Lawyers in Literature

I have just finished reading The Children Act by Ian McEwan and it has made me think about how lawyers are described in fiction. The immediate names that come to mind are Tulkinghorn from Bleak House, Dickens’ masterpiece about the law, incidentally a novel that was on the reading list when I first began to study law at the University of Sheffield, Soames Forsyte from John Galsworthy’s Forsyte Saga’s and Rumpole, John Mortimer’s delicious character. Tulkinghorn and Soames Forsyte are both solicitors and are rather dry characters, brooding over wills and conveyances in dingy offices. In Bleak House the lawyers are the villains of the  novel, in an interminable legal action  41-bleak-house-cover-full

In Bleak House the lawyers are the villains of the  novel, in an interminable legal action Jarndyce and Jarndyce which only comes to a conclusion when all the money in the estate has been used in paying legal bills. Tulkinghorn is a manipulative lawyer who glories in the power he has over his clients as he learns their secrets.
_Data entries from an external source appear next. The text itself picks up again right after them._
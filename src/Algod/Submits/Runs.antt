-- ===== src/Algod/Submits/Runs.antt =====
-- No status that the cluster broadcasts is nil, while the nodes send the blocks that they are asked
-- for: boot and Monitor of internal/algod/node.go, LoadBlockSync of internal/algod/cluster.go.
use algo_vnode.Prelude.{
  ℕ, Bool-cases, Bool, true, false, List, Option, none, some, inl, inr, String, GoError, arith,
  Option-cases, All, ltb, ◌==◌, add64,
}
use algo_vnode.Algod.Client.{Reply, Call}
use algo_vnode.Algod.Cluster.{ensure_genesis, is_synced, get_latest_round}
use algo_vnode.Algod.Float.{Float}
use algo_vnode.Algod.Loop.{
  after_block_zero, use_genesis, after_genesis, ask_genesis, start_boot, boot, follow, monitor_turn,
}
use algo_vnode.Algod.State.{Status, Cluster, set_node, booting}
use algo_vnode.Algod.Submits.{NoNil, OutcomeKeeps, During, call-During, map-Keeps}
use algo_vnode.Algod.Submits.Calls.{
  Any, All-Any, HasStatus, Known, IsOfRound, fetch-HasStatus, fetch-Known,
}
use algo_vnode.Algod.Submits.Statuses.{
  set_state-NoNil, update_status-NoNil, Answered, update_status_after-Answered,
}
use algo_vnode.BlockCache.Lru.{Lru}
use algo_vnode.BlockFetcher.Make.{Codec}
use algo_vnode.Utils.Backoff.Keeps.{ResultKeeps}

module _ (fl : Float) (lru : Lru) {C : Type 0} (now i : ℕ) (cd : Codec C) where
  follow-NoNil :
      (blocks : List (Reply (List ℕ))) (r : Option (Cluster fl lru C × ℕ))
      → Answered fl lru now i r
      → OutcomeKeeps fl lru (NoNil fl lru) (follow fl lru now i cd blocks r)
  unfolding follow
  follow-NoNil blocks none p = tt
  follow-NoNil blocks (some (g, lr)) p = elim (Bool-cases (lr == 0)) [
    | inl e ↦ rw (e, follow) p.0
    | inr e ↦ elim (Bool-cases (is_synced (g.nodes i).state)) [
      | inr f ↦ rw (e, f, follow) p.0
      | inl f ↦ elim (Bool-cases (ltb (get_latest_round fl lru g) (add64 lr 1))) [
        | inr h ↦ rw (e, f, h, follow) p.0
        | inl h ↦
            let has : HasStatus fl lru now i g = p.1 (λ z. ground arith) in
            rw (e, f, h, follow)
              (map-Keeps fl lru (NoNil fl lru) _ _
                (weaker _ (fetch-HasStatus fl lru now i cd (add64 lr 1) blocks g (p.0, has))))
      ]
    ]
  ]
    where
      weaker :
          (r : Option (Cluster fl lru C × Bool))
          → OutcomeKeeps fl lru (λ gs. NoNil fl lru gs × HasStatus fl lru now i gs) r
          → OutcomeKeeps fl lru (NoNil fl lru) r
      weaker none q = tt
      weaker (some (g, b)) q = q.0

  pub monitor_turn-NoNil :
      (statuses : List (Reply Status)) (blocks : List (Reply (List ℕ))) (gs : Cluster fl lru C)
      → NoNil fl lru gs
      → OutcomeKeeps fl lru (NoNil fl lru) (monitor_turn fl lru now i cd statuses blocks gs)
  unfolding monitor_turn
  monitor_turn-NoNil statuses blocks gs p =
      follow-NoNil blocks _ (update_status_after-Answered fl lru now i statuses gs p)

  after_block_zero-NoNil :
      (statuses : List (Reply Status)) (r : Option (Cluster fl lru C × Bool))
      → OutcomeKeeps fl lru (λ gs. NoNil fl lru gs × Known fl lru now i 0 gs) r
      → OutcomeKeeps fl lru (NoNil fl lru) (after_block_zero fl lru now i cd statuses r)
  unfolding after_block_zero
  after_block_zero-NoNil statuses none p = tt
  after_block_zero-NoNil statuses (some (g, true)) p =
      update_status-NoNil fl lru now i statuses
        (set_node fl i (record (g.nodes i) { catchup = false }) g) p.0
  after_block_zero-NoNil statuses (some (g, false)) p =
      update_status-NoNil fl lru now i statuses g p.0

  ensure_genesis-NoNil :
      (g : String) (gs : Cluster fl lru C)
      → NoNil fl lru gs
      → NoNil fl lru (ensure_genesis fl lru g gs).0
  unfolding ensure_genesis
  ensure_genesis-NoNil g gs p = ground (arith, p)

  use_genesis-NoNil :
      (blocks : List (Reply (List ℕ))) (statuses : List (Reply Status)) (g : Option String)
      (gs : Cluster fl lru C)
      → All (IsOfRound cd 0) blocks
      → NoNil fl lru gs
      → OutcomeKeeps fl lru (NoNil fl lru) (use_genesis fl lru now i cd blocks statuses g gs)
  unfolding use_genesis
  use_genesis-NoNil blocks statuses none gs q p = tt
  use_genesis-NoNil blocks statuses (some g) gs q p =
      let r = ensure_genesis fl lru g gs in
      let first = ensure_genesis-NoNil g gs p in
      elim (Option-cases r.1) [
        | inr (e, f) ↦ rw (f, use_genesis) first
        | inl f ↦
            let h = set_node fl i (record (r.0.nodes i) { genesis = g }) r.0 in
            rw (f, use_genesis)
              (after_block_zero-NoNil statuses _
                (fetch-Known fl lru now i cd 0 blocks h q (first, omega arith)))
      ]

  pub boot-NoNil :
      (geneses : List (Reply String)) (blocks : List (Reply (List ℕ)))
      (statuses : List (Reply Status)) (gs : Cluster fl lru C)
      → All (IsOfRound cd 0) blocks
      → NoNil fl lru gs
      → OutcomeKeeps fl lru (NoNil fl lru) (boot fl lru now i cd geneses blocks statuses gs)
  unfolding boot ask_genesis start_boot after_genesis
  boot-NoNil geneses blocks statuses gs q p = after _ (
      call-During fl lru _ _ (NoNil fl lru) Any Any (λ e s h. h) (λ x us s q h. (h, tt)) 0 _ geneses
        (set_state-NoNil fl lru now i booting gs p) (All-Any geneses))
    where
      after :
          (r : Option (Option GoError × Call fl lru C String String))
          → ResultKeeps (During fl lru (NoNil fl lru) Any Any) r
          → OutcomeKeeps fl lru (NoNil fl lru) (after_genesis fl lru now i cd blocks statuses r)
      after none d = tt
      after (some (some e, s)) d = d.holds
      after (some (none, s)) d = use_genesis-NoNil blocks statuses s.got s.gs q d.holds
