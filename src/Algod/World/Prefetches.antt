-- ===== src/Algod/World/Prefetches.antt =====
-- The turns of `prefetchMonitor` of internal/algod/prefetch.go.
use algo_vnode.Prelude.{
  ℕ, zero, suc, refl, Bool, Bool-cases, true, false, not, List, [], ◌∷◌, Option, Option-cases, none,
  some, inl, inr, arith, ltb, leb, ◌==◌, add64, if◌then◌else◌,
}
use algo_vnode.Algod.Evolve.{Evolves, Evolves-refl}
use algo_vnode.Algod.Float.{Float}
use algo_vnode.Algod.Prefetch.{
  BlockPrefetch, new_prefetch, matches, promise_range, promise_uncached, advance, detect_in,
  prefetch_detect, bp_count,
}
use algo_vnode.Algod.State.{Cluster}
use algo_vnode.BlockCache.Lru.{Lru}
use algo_vnode.BlockCache.Safety.{UnifiedIsValid, promise_block-Keeps}
use algo_vnode.BlockCache.Unified.{Unified, promise_block, is_block_cached}

-- The round that has waited longest in `bpSink`, and the others.
unfoldable pub take_oldest : List ℕ → Option (List ℕ × ℕ)
take_oldest [] = none
take_oldest (r ∷ rs) = elim (take_oldest rs) [
  | none ↦ some ([], r)
  | some (rest, oldest) ↦ some (r ∷ rest, oldest)
]

module _ (fl : Float) (lru : Lru) {C : Type 0} where
  -- One turn of the loop of `prefetchMonitor`, which does nothing while no round waits.
  unfoldable pub prefetch_turn : ℕ → Cluster fl lru C → Cluster fl lru C
  unfolding take_oldest
  prefetch_turn now gs = elim (take_oldest gs.prefetch_queue) [
    | none ↦ gs
    | some (rest, round) ↦
        let r = prefetch_detect lru round now gs.bps gs.ucache in
        record gs { prefetch_queue = rest; bps = r.0; ucache = r.1 }
  ]

module _ (lru : Lru) {C : Type 0} where
  abbrev Valid : Unified lru C → Type 0
  Valid u = UnifiedIsValid lru u

  promised : (round : ℕ) (u : Unified lru C) → Valid u → Valid (promise_block lru u round).0
  promised round u v = (promise_block-Keeps lru u round v).valid

  promise_range-IsValid :
      (fuel i pre_to : ℕ) (u : Unified lru C) → Valid u → Valid (promise_range lru fuel i pre_to u)
  unfolding promise_range
  promise_range-IsValid zero i pre_to u v = v
  promise_range-IsValid (suc fuel) i pre_to u v = elim (Bool-cases (leb i pre_to)) [
    | inl e ↦
        rw (e, promise_range)
          (promise_range-IsValid fuel (add64 i 1) pre_to (promise_block lru u i).0 (promised i u v))
    | inr e ↦ rw (e, promise_range) v
  ]

  promise_uncached-IsValid :
      (fuel round i pre_to : ℕ) (u : Unified lru C)
      → Valid u
      → Valid (promise_uncached lru fuel round i pre_to u)
  unfolding promise_uncached
  promise_uncached-IsValid zero round i pre_to u v = v
  promise_uncached-IsValid (suc fuel) round i pre_to u v = elim (Bool-cases (leb i pre_to)) [
    | inr e ↦ rw (e, promise_uncached) v
    | inl e ↦
        rw (e, promise_uncached)
          (promise_uncached-IsValid fuel round (add64 i 1) pre_to _
            (one (not (is_block_cached lru u round))))
  ]
    where
      one : (b : Bool) → Valid (if b then (promise_block lru u i).0 else u)
      one true = promised i u v
      one false = v

  advance-IsValid :
      (round now : ℕ) (b : BlockPrefetch) (u : Unified lru C)
      → Valid u
      → Valid (advance lru round now b u).1
  unfolding advance
  advance-IsValid round now b u v = elim (Bool-cases (ltb 2 (add64 b.hits 1))) [
    | inr e ↦ rw (e, advance) v
    | inl e ↦ elim (Bool-cases (b.next_pre == 0)) [
      | inl f ↦ rw (e, f, advance) (promise_uncached-IsValid bp_count round _ _ u v)
      | inr f ↦ elim (Bool-cases (ltb b.next_pre round)) [
        | inl h ↦ rw (e, f, h, advance) (promise_range-IsValid bp_count _ _ u v)
        | inr h ↦ rw (e, f, h, advance) v
      ]
    ]
  ]

  detect_in-IsValid :
      (round now : ℕ) (bs : List BlockPrefetch) (u : Unified lru C)
      → Valid u
      → Valid (detect_in lru round now bs u).1
  unfolding detect_in
  detect_in-IsValid round now [] u v = advance-IsValid round now (new_prefetch round now) u v
  detect_in-IsValid round now (b ∷ bs) u v = elim (Bool-cases (matches round b)) [
    | inl e ↦ rw (e, detect_in) (advance-IsValid round now b u v)
    | inr e ↦ rw (e, detect_in) (detect_in-IsValid round now bs u v)
  ]

module _ (fl : Float) (lru : Lru) {C : Type 0} where
  -- A turn of prefetching keeps the cache in order,
  pub prefetch_turn-IsValid :
      (now : ℕ) (gs : Cluster fl lru C)
      → UnifiedIsValid lru gs.ucache
      → UnifiedIsValid lru (prefetch_turn fl lru now gs).ucache
  unfolding prefetch_turn prefetch_detect
  prefetch_turn-IsValid now gs v = elim (Option-cases (take_oldest gs.prefetch_queue)) [
    | inl e ↦ rw (e, prefetch_turn) v
    | inr ((rest, round), e) ↦
        rw (e, prefetch_turn) (detect_in-IsValid lru round now gs.bps gs.ucache v)
  ]

  -- and changes neither the round nor the genesis of the cluster.
  pub prefetch_turn-Evolves :
      (now : ℕ) (gs : Cluster fl lru C) → Evolves fl lru gs (prefetch_turn fl lru now gs)
  unfolding prefetch_turn
  prefetch_turn-Evolves now gs = elim (Option-cases (take_oldest gs.prefetch_queue)) [
    | inl e ↦ rw (e, prefetch_turn) (Evolves-refl fl lru gs)
    | inr ((rest, round), e) ↦
        rw (e, prefetch_turn)
          (record { later = omega arith; genesis_kept = λ _. refl; one_genesis = λ ok. ok })
  ]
Soames Forsyte is equally unimaginative and scheming as he tries to control his wife who he sees as his property as indeed women were until the Married Woman’s Property Act of 1882 which gave women the right to own property in their own names. The series of novels by John Galsworthy were written between 1906 and 1921 when that independence had taken root. Soames is obsessed with property and considers his wife as just another chattel. He is a cold character with little to commend him to the reader.

On the other hand John Mortimer by creating Rumpole as a caricature of the people around him at the Bar, some of whom are recognisable to me from my own career, has created a likeable rogue. Put upon by his wife, she who must be obeyed and his colleagues who he always gets the better of in the end, most readers enjoy reading about him.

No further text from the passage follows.